---------- DATASET CONTENT

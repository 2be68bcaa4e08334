-- ===== src/Worker/Outcomes/Examples.antt =====
-- The theorem on the Result of a handler (src/openlinker/runtime/worker.py) at a handler that raises.
use openlinker_python.Prelude.{◌≡◌, refl, some, none, false, [], ◌∷◌, text, text_eq, pos, ◌⊎◌}
use openlinker_python.Dict.{get}
use openlinker_python.Json.{get_field}
use openlinker_python.Store.Records.{AssignmentRecord, ResultRecord, attempt_id_of}
use openlinker_python.Store.Methods.{
  new_result, with_result, store_result, result_id_for, final_seq_for,
}
use openlinker_python.Store.State.{started}
use openlinker_python.Store.Examples.{code, two_events}
use openlinker_python.Worker.Attempts.{Worker, Meanwhile, for_lock}
use openlinker_python.Worker.Outcomes.{
  raised, Draws, failed, handler_error, outcome_result, keep_result, finish_attempt, result_payload,
  bounded,
}
use openlinker_python.Worker.Outcomes.Form.{HasForm}
use openlinker_python.Worker.Outcomes.Kept.{finish_attempt-HasForm}
use openlinker_python.Worker.Run.{◌>>=◌}
use openlinker_python.Examples.{assignment, attempt_a, flat}

-- the assignment that the store holds for the two Events
abbrev running : AssignmentRecord
running = record assignment { state = started; last_client_event_seq = 2; updated_at = 6 }

abbrev busy : Worker
busy = record {
  store = two_events;
  node_id = text "node";
  agent_id = text "agent";
  capacity = 2;
  draining = false;
  active =
      (attempt_a, record { assignment = running; cancelled = false; lease_expires_at = none }) ∷ [];
  terminal_attempts = [];
  spool_permissions = [];
  cancellations = [];
}

abbrev draws : Draws
draws = record {
  event_id = λ n. attempt_a;
  result_id = attempt_a;
  elapsed_ms = 3;
  message = λ e. [];
  force_cancel = false;
}

-- the other tasks only forget the cancellations
abbrev forgets : Meanwhile
forgets x w = record w { cancellations = [] }

-- the Result that is kept when the handler raised
abbrev failure : ResultRecord
failure =
    new_result running
      (result_payload running.identity.attempt (handler_error draws (text "no")) (pos 3)) attempt_a
      (pos 2) 9

finish_attempt-HasForm_example :
    (get busy.store.results (attempt_id_of running) ≡ some failure)
    ⊎ (get
          (forgets
            (for_lock (attempt_id_of running))
            (outcome_result draws
              (attempt_id_of running)
              (raised (text "no"))
              9
              busy).1).store.results
          (attempt_id_of running)
        ≡ some failure)
    ⊎ HasForm failure.payload
unfolding code finish_attempt keep_result outcome_result handler_error failed bounded new_result
    result_payload ◌>>=◌ store_result result_id_for final_seq_for get_field with_result
finish_attempt-HasForm_example =
    finish_attempt-HasForm draws forgets running (raised (text "no")) 9 busy failure refl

--------------------

## WHAT IS NEEDED
All lines starting at the one holding "abbrev failure : ResultRecord" and ending at the last line above must be output exactly, and no other line may appear.

## REPLY
abbrev failure : ResultRecord
failure =
    new_result running
      (result_payload running.identity.attempt (handler_error draws (text "no")) (pos 3)) attempt_a
      (pos 2) 9

finish_attempt-HasForm_example :
    (get busy.store.results (attempt_id_of running) ≡ some failure)
    ⊎ (get
          (forgets
            (for_lock (attempt_id_of running))
            (outcome_result draws
              (attempt_id_of running)
              (raised (text "no"))
              9
              busy).1).store.results
          (attempt_id_of running)
        ≡ some failure)
    ⊎ HasForm failure.payload
unfolding code finish_attempt keep_result outcome_result handler_error failed bounded new_result
    result_payload ◌>>=◌ store_result result_id_for final_seq_for get_field with_result
finish_attempt-HasForm_example =
    finish_attempt-HasForm draws forgets running (raised (text "no")) 9 busy failure refl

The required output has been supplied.